The photocopying machine will see its last lease payment in January, with it leaving the premises in June. We will have paid £36,000 over the past five years by the time it goes. The strategy is to continue to lower consumption so that we do not need to replace it at anything like the same cost or specification. We decided to move to a digital platform which means instead of posters we will use the TV screens to advertise the lottery results and other club news as well as the website and social media.


Your club continues to make small gains too, many of these small amounts can lighten the financial mood, so here’s an example. Removing the plastic swizzle sticks has saved us £30 a year, enough to pay for the free juice given to junior players after a team match!


To sum up


As a Council our job is to divert our limited resources to where the members want them. Generally that is to spend less in the clubhouse and more on the course. The more efficiently we can run the clubhouse and members services the quicker these resources reach our greens, tees, bunkers and fairways.
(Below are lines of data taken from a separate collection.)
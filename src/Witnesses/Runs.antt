-- ===== src/Witnesses/Runs.antt =====
-- A Run that is admitted, starts, is canceled and ends.
use Prim.Native.String.{◌++◌}
use xgc2_orchestration_core.Base.{Time, ◌+◌, arith, ℕ, String, none, some, [], ◌∷◌, ◌≡◌, refl, ok}
use xgc2_orchestration_core.Contracts.Identity.{
  valid_identifier, valid_digest, valid_type_ref, is_trimmed,
}
use xgc2_orchestration_core.Contracts.Json.{Json, Fields, field, num, obj, digest_value}
use xgc2_orchestration_core.Contracts.Statuses.{
  DurableIntentKind, RunStatus, run_status_eq, run_status_valid, run_status_terminal,
  TerminationKind, termination_kind_eq, termination_kind_valid, requires_stopping,
}
use xgc2_orchestration_core.Contracts.Records.{
  DomainEvent, TerminationIntent, Run, RunClosureFacts, satisfied,
}
use xgc2_orchestration_core.Execution.Identity.{
  action_ref_json, stable_id, stable_event_id, stable_intent_id, validate_identity,
  validate_identities, validate_optional_identity, validate_optional_identities,
  validate_canonical_text, validate_failure, validate_failures,
}
use xgc2_orchestration_core.Execution.Event.{
  event_payload_schema_digest, new_event, new_durable_intent,
}
use xgc2_orchestration_core.Execution.Run.Validation.{
  run_allowed, validate_run_transition, terminal_status, validate_termination, action_ref_valid,
  validate_digests, validate_admission_fences, validate_run_refs, validate_run_times,
  validate_run_termination, validate_run_outcome, frozen_revision, validate_frozen,
  validate_optional_frozen, validate_optional_parent, validate_run,
}
use xgc2_orchestration_core.Execution.Run.Transition.{
  AdmitRunCommand, RunTransitionCommand, RunDecision, validate_admit_run, admitted_run,
  closes_otherwise, validate_other_guards, validate_stop_intent, validate_run_transition_guards,
  check_run_transition, next_run, transition_payload, admit_run, cleanup_intent, stopping_intents,
  run_event, transition_run,
}
use xgc2_orchestration_core.Witnesses.Encoder.{encoder, digest, hex}
use xgc2_orchestration_core.Execution.Run.Liveness.{ClosesRun}

abbrev pub admission : AdmitRunCommand
admission = record {
  run_id = "run-1";
  namespace_id = "ns-1";
  action_ref = record { action_id = "deploy"; version = "v1"; digest = digest };
  execution_plan_ref = "plan-1";
  plan_digest = digest;
  trigger_ref = "trigger-1";
  trigger_digest = digest;
  input_digest = digest;
  provenance_artifact_ref = "";
  scope_ref = "";
  parent = none;
  root_run_id = "";
  actor_ref = "actor-1";
  source_ref = "source-1";
  correlation_ref = "";
  admission_policy_ref = "";
  admission_policy_digest = "";
  active_owner_ref = "";
  active_owner_generation = 0;
  command_id = "command-1";
  at = 100;
}

abbrev pub accepted_run : Run
accepted_run = record {
  run_id = "run-1";
  namespace_id = "ns-1";
  action_ref = record { action_id = "deploy"; version = "v1"; digest = digest };
  execution_plan_ref = "plan-1";
  plan_digest = digest;
  trigger_ref = "trigger-1";
  trigger_digest = digest;
  input_digest = digest;
  provenance_artifact_ref = "";
  scope_ref = "";
  parent = none;
  root_run_id = "run-1";
  actor_ref = "actor-1";
  source_ref = "source-1";
  correlation_ref = "";
  admission_policy_ref = "";
  admission_policy_digest = "";
  active_owner_ref = "";
  active_owner_generation = 0;
  status = RunStatus.accepted;
  termination = none;
  termination_kind = TerminationKind.other;
  result_ref = "";
  primary_failure = none;
  cleanup_failures = [];
  accepted_at = 100;
  started_at = none;
  updated_at = 100;
  finished_at = none;
  revision = 1;
}

abbrev pub started_run : Run
started_run = record accepted_run {
  status = RunStatus.running;
  started_at = some 200;
  updated_at = 200;
  revision = 2;
}

abbrev no_closure : RunClosureFacts
no_closure = record {
  run_revision = 0;
  ownership_graph_revision = 0;
  active_invocation_count = 0;
  live_attempt_count = 0;
  open_wait_count = 0;
  open_child_count = 0;
  open_effect_count = 0;
  open_effect_compensation_count = 0;
  open_owned_runtime_count = 0;
  open_owned_resource_count = 0;
}

abbrev pub start : RunTransitionCommand
start = record {
  run_id = "run-1";
  expected_revision = 1;
  to = RunStatus.running;
  termination = none;
  result_ref = "";
  cleanup_failures = [];
  closure = no_closure;
  command_id = "command-2";
  at = 200;
}

abbrev pub cancellation : TerminationIntent
cancellation = record {
  kind = TerminationKind.canceled;
  requested_revision = 2;
  requested_by = "actor-1";
  reason_code = "requested";
  reason = "no longer wanted";
  primary_failure = none;
  command_id = "command-3";
  requested_at = 300;
}

abbrev pub stop : RunTransitionCommand
stop = record start {
  expected_revision = 2;
  to = RunStatus.stopping;
  termination = some cancellation;
  command_id = "command-3";
  at = 300;
}

abbrev pub finish : RunTransitionCommand
finish = record start {
  expected_revision = 3;
  to = RunStatus.canceled;
  closure = record no_closure { run_revision = 3; ownership_graph_revision = 7 };
  command_id = "command-4";
  at = 400;
}

abbrev pub stopping_run : Run
stopping_run = record started_run {
  status = RunStatus.stopping;
  termination = some cancellation;
  updated_at = 300;
  revision = 3;
}

abbrev pub finished_run : Run
finished_run = record stopping_run {
  status = RunStatus.canceled;
  termination_kind = TerminationKind.canceled;
  updated_at = 400;
  finished_at = some 400;
  revision = 4;
}

abbrev announced : ℕ → String → String → Time → Fields → DomainEvent
announced revision event_type command_id at payload = record {
  event_id = "evt-" ++ hex;
  aggregate_type = "run";
  aggregate_id = "run-1";
  aggregate_revision = revision;
  event_type = event_type;
  command_id = command_id;
  causation_id = "";
  correlation_id = "";
  payload_schema_digest = event_payload_schema_digest;
  payload_digest = digest;
  payload = payload;
  occurred_at = at;
}

abbrev moves : String → String → String → Fields
moves from to kind =
    field "from" (Json.text from)
      (field "to" (Json.text to) (field "terminationKind" (Json.text kind) Fields.end))

abbrev pub admitted : RunDecision
admitted = record {
  run = accepted_run;
  events =
      announced 1 "run.accepted" "command-1" 100 (
        field "actionRef"
          (obj (
            field "actionId" (Json.text "deploy")
              (field "version" (Json.text "v1") (field "digest" (Json.text digest) Fields.end))))
          (field "planDigest" (Json.text digest) (
            field "triggerDigest" (Json.text digest)
              (field "inputDigest" (Json.text digest) Fields.end))))
      ∷ [];
  intents = [];
}

abbrev pub started : RunDecision
started = record {
  run = started_run;
  events = announced 2 "run.running" "command-2" 200 (moves "accepted" "running" "") ∷ [];
  intents = [];
}

abbrev pub stopping : RunDecision
stopping = record {
  run = stopping_run;
  events = announced 3 "run.stopping" "command-3" 300 (moves "running" "stopping" "") ∷ [];
  intents =
      (record {
        kind = DurableIntentKind.cleanup;
        identity = "dti-" ++ hex;
        aggregate_id = "run-1";
        payload_digest = digest;
        payload = field "runId" (Json.text "run-1") (
            field "terminationKind" (Json.text "canceled")
              (field "runRevision" (num 3) Fields.end));
      })
      ∷ [];
}

abbrev pub finished : RunDecision
finished = record {
  run = finished_run;
  events = announced 4 "run.canceled" "command-4" 400 (moves "stopping" "canceled" "canceled") ∷ [];
  intents = [];
}

pub admit-ok : admit_run encoder admission ≡ ok admitted
unfolding admit_run validate_admit_run admitted_run validate_run validate_identities
    validate_digests action_ref_valid validate_optional_identity validate_admission_fences
    validate_run_refs validate_run_times validate_run_termination validate_run_outcome
    validate_optional_frozen validate_optional_parent validate_optional_identities validate_failure
    validate_failures validate_identity valid_identifier valid_digest valid_type_ref run_status_eq
    run_status_terminal run_status_valid new_event digest_value stable_event_id stable_id
    action_ref_json transition_run check_run_transition next_run validate_run_transition run_allowed
    validate_run_transition_guards validate_other_guards closes_otherwise satisfied
    validate_stop_intent validate_termination requires_stopping validate_canonical_text is_trimmed
    termination_kind_eq termination_kind_valid run_event transition_payload stopping_intents
    cleanup_intent new_durable_intent stable_intent_id validate_frozen frozen_revision
    terminal_status
admit-ok = refl

pub start-ok : transition_run encoder accepted_run start ≡ ok started
unfolding admit_run validate_admit_run admitted_run validate_run validate_identities
    validate_digests action_ref_valid validate_optional_identity validate_admission_fences
    validate_run_refs validate_run_times validate_run_termination validate_run_outcome
    validate_optional_frozen validate_optional_parent validate_optional_identities validate_failure
    validate_failures validate_identity valid_identifier valid_digest valid_type_ref run_status_eq
    run_status_terminal run_status_valid new_event digest_value stable_event_id stable_id
    action_ref_json transition_run check_run_transition next_run validate_run_transition run_allowed
    validate_run_transition_guards validate_other_guards closes_otherwise satisfied
    validate_stop_intent validate_termination requires_stopping validate_canonical_text is_trimmed
    termination_kind_eq termination_kind_valid run_event transition_payload stopping_intents
    cleanup_intent new_durable_intent stable_intent_id validate_frozen frozen_revision
    terminal_status
start-ok = refl

pub stop-ok : transition_run encoder started_run stop ≡ ok stopping
unfolding admit_run validate_admit_run admitted_run validate_run validate_identities
    validate_digests action_ref_valid validate_optional_identity validate_admission_fences
    validate_run_refs validate_run_times validate_run_termination validate_run_outcome
    validate_optional_frozen validate_optional_parent validate_optional_identities validate_failure
    validate_failures validate_identity valid_identifier valid_digest valid_type_ref run_status_eq
    run_status_terminal run_status_valid new_event digest_value stable_event_id stable_id
    action_ref_json transition_run check_run_transition next_run validate_run_transition run_allowed
    validate_run_transition_guards validate_other_guards closes_otherwise satisfied
    validate_stop_intent validate_termination requires_stopping validate_canonical_text is_trimmed
    termination_kind_eq termination_kind_valid run_event transition_payload stopping_intents
    cleanup_intent new_durable_intent stable_intent_id validate_frozen frozen_revision
    terminal_status
stop-ok = refl

pub finish-ok : transition_run encoder stopping_run finish ≡ ok finished
unfolding admit_run validate_admit_run admitted_run validate_run validate_identities
    validate_digests action_ref_valid validate_optional_identity validate_admission_fences
    validate_run_refs validate_run_times validate_run_termination validate_run_outcome
    validate_optional_frozen validate_optional_parent validate_optional_identities validate_failure
    validate_failures validate_identity valid_identifier valid_digest valid_type_ref run_status_eq
    run_status_terminal run_status_valid new_event digest_value stable_event_id stable_id
    action_ref_json transition_run check_run_transition next_run validate_run_transition run_allowed
    validate_run_transition_guards validate_other_guards closes_otherwise satisfied
    validate_stop_intent validate_termination requires_stopping validate_canonical_text is_trimmed
    termination_kind_eq termination_kind_valid run_event transition_payload stopping_intents
    cleanup_intent new_durable_intent stable_intent_id validate_frozen frozen_revision
    terminal_status
finish-ok = refl

pub stopping_run-ok : validate_run stopping_run ≡ ok tt
unfolding admit_run validate_admit_run admitted_run validate_run validate_identities
    validate_digests action_ref_valid validate_optional_identity validate_admission_fences
    validate_run_refs validate_run_times validate_run_termination validate_run_outcome
    validate_optional_frozen validate_optional_parent validate_optional_identities validate_failure
    validate_failures validate_identity valid_identifier valid_digest valid_type_ref run_status_eq
    run_status_terminal run_status_valid new_event digest_value stable_event_id stable_id
    action_ref_json transition_run check_run_transition next_run validate_run_transition run_allowed
    validate_run_transition_guards validate_other_guards closes_otherwise satisfied
    validate_stop_intent validate_termination requires_stopping validate_canonical_text is_trimmed
    termination_kind_eq termination_kind_valid run_event transition_payload stopping_intents
    cleanup_intent new_durable_intent stable_intent_id validate_frozen frozen_revision
    terminal_status
stopping_run-ok = refl

-- The encoder takes the event that ends the Run.
pub run_encoded :
    (digest_value encoder (obj (transition_payload stopping_run (next_run stopping_run finish)))
      ≡ ok digest)
    × (stable_event_id encoder "run" stopping_run.run_id (stopping_run.revision + 1)
        ≡ ok ("evt-" ++ hex))
unfolding admit_run validate_admit_run admitted_run validate_run validate_identities
    validate_digests action_ref_valid validate_optional_identity validate_admission_fences
    validate_run_refs validate_run_times validate_run_termination validate_run_outcome
    validate_optional_frozen validate_optional_parent validate_optional_identities validate_failure
    validate_failures validate_identity valid_identifier valid_digest valid_type_ref run_status_eq
    run_status_terminal run_status_valid new_event digest_value stable_event_id stable_id
    action_ref_json transition_run check_run_transition next_run validate_run_transition run_allowed
    validate_run_transition_guards validate_other_guards closes_otherwise satisfied
    validate_stop_intent validate_termination requires_stopping validate_canonical_text is_trimmed
    termination_kind_eq termination_kind_valid run_event transition_payload stopping_intents
    cleanup_intent new_durable_intent stable_intent_id validate_frozen frozen_revision
    terminal_status
run_encoded = (refl, refl)

pub finish-ClosesRun : ClosesRun stopping_run cancellation finish
unfolding admit_run validate_admit_run admitted_run validate_run validate_identities
    validate_digests action_ref_valid validate_optional_identity validate_admission_fences
    validate_run_refs validate_run_times validate_run_termination validate_run_outcome
    validate_optional_frozen validate_optional_parent validate_optional_identities validate_failure
    validate_failures validate_identity valid_identifier valid_digest valid_type_ref run_status_eq
    run_status_terminal run_status_valid new_event digest_value stable_event_id stable_id
    action_ref_json transition_run check_run_transition next_run validate_run_transition run_allowed
    validate_run_transition_guards validate_other_guards closes_otherwise satisfied
    validate_stop_intent validate_termination requires_stopping validate_canonical_text is_trimmed
    termination_kind_eq termination_kind_valid run_event transition_payload stopping_intents
    cleanup_intent new_durable_intent stable_intent_id validate_frozen frozen_revision
    terminal_status
finish-ClosesRun = record {
  same_run = refl;
  fenced = refl;
  later = omega arith;
  identified = refl;
  target = refl;
  no_intent = refl;
  closure_fenced = refl;
  closed = refl;
  cleanup = refl;
}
There are sometimes costs involved in making efficiencies and this year in the plant room and the replacement bulbs we have spent money which both brings us up to date and also drastically lowers our running costs for the next 5-7 years. The savings will manifest in due course but the impact on our cash position is immediate.


Over the year our cash position has been monitored both monthly at the council meetings and weekly by all council members receiving an email with balances and any cash flow implications. We did not need to get an overdraft facility although we did enquire how much it would cost. At the AGM we will confirm what the current bank balance is and how that compares to previous years as the annual accounts will be 3 months old by the AGM January.